1. Definition of rotation

Definition:

When the figure F_1 is rotated about point O by an angle of measure $\alpha$ in a counterclockwise direction, it is superimposed with the figure F_2 .

is the image of the figure by the rotation of center O and angle $\alpha$ .

Remark:

Throughout this lesson, the direction of rotation will always be trigonometric (counterclockwise).
The rotation of center O and angle 180° is the central symmetry of center O.

2. Image of a point by a rotation

Ownership:

Consider two distinct points O and M.

The image of the point M by the rotation of center O and angle $\alpha$ is the point M’ such that OM’=OM and $\widehat{MOM'}=\alpha$ .

III. Properties of translation and rotation

Ownership:

Translation and rotation preserve lengths, perimeters, areas of figures as well as alignment and parallelism and measures of angles.

Example:

Quadrilateral A’B’C’D’ is the image of ABCD by the rotation of center O and angle 60°.

The quadrilateral is the image of ABCD by the translation that transforms A into .

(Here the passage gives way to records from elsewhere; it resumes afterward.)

-- ===== src/Bitcask/Merge/Kept.antt =====
-- merge keeps the value of every key.
use cpp_experiments.Common.{
  ℕ, zero, suc, ◌+◌, ◌-◌, ◌^◌, ◌≤◌, ◌<◌, ◌≡◌, refl, ap, subst, ◌∙◌, Bool, true, false, Option, none,
  some, List, [], ◌∷◌, arith, leb, if◌then◌else◌, length, length-append, length-replicate, take,
  drop, replicate,
}
use cpp_experiments.Common.Bytes.{Bytes, ◌=ᵇ◌, =ᵇ→eq}
use cpp_experiments.Common.Dict.{Dict, lookup}
use cpp_experiments.Bitcask.{KeyDirValue, Bitcask, read_value, value_of, set, get}
use cpp_experiments.Bitcask.Lookup.{Placed, Fits, get-set_store, get-keeps}
use cpp_experiments.Bitcask.Placing.{set-Placed}
use cpp_experiments.Bitcask.Merge.{new_logs, merge_entries, merge}
use cpp_experiments.Bitcask.Merge.Rooms.{HasRoom, set-HasRoom, merge_entries-HasRoom}

-- Every key is there once.
abbrev pub IsDistinct : Dict KeyDirValue → Type 0
IsDistinct [] = Unit {0}
IsDistinct ((k, v) ∷ dir) = (lookup k dir ≡ none) × IsDistinct dir

-- No key with its value has 2 ^ 31 bytes or more.
abbrev pub IsModest : Dict KeyDirValue → Type 0
IsModest [] = Unit {0}
IsModest ((k, v) ∷ dir) = (length k + v.vsize < 2 ^ 31) × IsModest dir

length-take_le : {A : Type 0} (n : ℕ) (s : List A) → length (take n s) ≤ n
length-take_le zero s = omega arith
length-take_le (suc n) [] = omega arith
length-take_le (suc n) (x ∷ s) = omega (arith, length-take_le n s)

length-read_value : (w : KeyDirValue) (file : Bytes) → length (read_value w file) ≡ w.vsize
length-read_value w file =
    let found = take w.vsize (drop w.vpos file) in
    omega (
      arith,
      length-append found (replicate (w.vsize - length found) 0),
      length-replicate {A = ℕ} (w.vsize - length found) 0,
      length-take_le w.vsize (drop w.vpos file),
    )

-- What a key has that the table of the old store gives `r`, and which has `other` without it.
abbrev kept : (ℕ → Bytes) → Option KeyDirValue → Option Bytes → Option Bytes
kept old none other = other
kept old (some w) other = some (read_value w (old w.id))

fits_new :
    (now : ℕ) (k : Bytes) (w : KeyDirValue) (file : Bytes) (m : Bitcask)
    → HasRoom m
    → length k + w.vsize < 2 ^ 31
    → Fits now k (read_value w file) m
fits_new now k w file m h modest = omega (arith, h.room, length-read_value w file)

get-merge_entries :
    (clock : ℕ → ℕ) (old : ℕ → Bytes) (dir : Dict KeyDirValue) (m : Bitcask)
    → IsDistinct dir
    → IsModest dir
    → HasRoom m
    → Placed m
    → (j : Bytes) → get j (merge_entries clock old dir m) ≡ kept old (lookup j dir) (get j m)
unfolding merge_entries lookup
get-merge_entries clock old [] m distinct modest h placed j = refl
get-merge_entries clock old ((k, v) ∷ dir) m distinct modest h placed j =
    let now = clock (length dir) in
    let value = read_value v (old v.id) in
    let fits = fits_new now k v (old v.id) m h modest.0 in
    get-merge_entries clock old dir (set now k value m) distinct.1 modest.1
      (set-HasRoom now k value m h) (set-Placed now k value m placed fits) j
    ∙ ap (kept old (lookup j dir)) (get-set_store now k value m placed fits j)
    ∙ here (k =ᵇ j) refl
  where
    here :
        (t : Bool)
        → (k =ᵇ j) ≡ t
        → kept old (lookup j dir) (if t then some (read_value v (old v.id)) else get j m)
          ≡ kept old (if t then some v else lookup j dir) (get j m)
    here true e =
        ap (λ r. kept old r (some (read_value v (old v.id))))
          (subst (λ key. lookup key dir ≡ none) (=ᵇ→eq k j e) distinct.0)
    here false e = refl

-- The store that writes the new logs, when the table has been gone through.
abbrev written_anew : (ℕ → ℕ) → Bitcask → Bitcask
written_anew clock b = merge_entries clock b.logs b.key_dir new_logs

none_behind : (j : Bytes) (w : KeyDirValue) → lookup j (new_logs.key_dir) ≡ some w → ⊥
unfolding lookup
none_behind j w e = ground arith

HasRoom-new_logs : HasRoom new_logs
HasRoom-new_logs = record {
  room = omega arith;
  empty = λ i h. refl;
  behind = λ j w e. absurd (none_behind j w e);
}

Placed-new_logs : Placed new_logs
Placed-new_logs j w e = absurd (none_behind j w e)

-- The renaming of the logs does not touch those that the table names.
get-renamed :
    (clock : ℕ → ℕ) (b : Bitcask) (j : Bytes) → get j (merge clock b) ≡ get j (written_anew clock b)
unfolding merge
get-renamed clock b j =
    get-keeps j (written_anew clock b) (merge clock b) refl
      (λ w e. there w (within (written_anew clock b).curr_id w.id (all.behind j w e)))
  where
    all : HasRoom (written_anew clock b)
    all = merge_entries-HasRoom clock b.logs b.key_dir new_logs HasRoom-new_logs

    within : (n i : ℕ) → i ≤ n → leb i n ≡ true
    within n i h = ground arith

    there :
        (w : KeyDirValue)
        → leb w.id (written_anew clock b).curr_id ≡ true
        → read_value w ((merge clock b).logs w.id) ≡ read_value w ((written_anew clock b).logs w.id)
    there w h =
        ap (λ t. read_value w (if t then (written_anew clock b).logs w.id else b.logs w.id)) h

-- After merge every key has the value that it had. Every key is in the table once, and no key with
-- its value has 2 ^ 31 bytes or more.
pub get-merge :
    (clock : ℕ → ℕ) (b : Bitcask)
    → IsDistinct b.key_dir
    → IsModest b.key_dir
    → (j : Bytes) → get j (merge clock b) ≡ get j b
unfolding get lookup
get-merge clock b distinct modest j =
    get-renamed clock b j
    ∙ get-merge_entries clock b.logs b.key_dir new_logs distinct modest HasRoom-new_logs
        Placed-new_logs j
    ∙ same_as_before (lookup j b.key_dir)
  where
    same_as_before : (r : Option KeyDirValue) → kept b.logs r none ≡ value_of b.logs r
    same_as_before none = refl
    same_as_before (some w) = refl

The areas and perimeters of the three quadrilaterals are equal.
Points A, B and K are aligned, so their images are also aligned.
The point J is the middle of the segment [BC], so its image J’ by the rotation is the middle of the segment [B’C’].
The angle $\widehat{A'_1B'_1C'_1}$ is the image of the angle $\widehat{ABC}$ by the translation, so they have the same measure.
The angle $\widehat{A'B'C'}$ is the image of the angle $\widehat{ABC}$ by the rotation, so they have the same measure.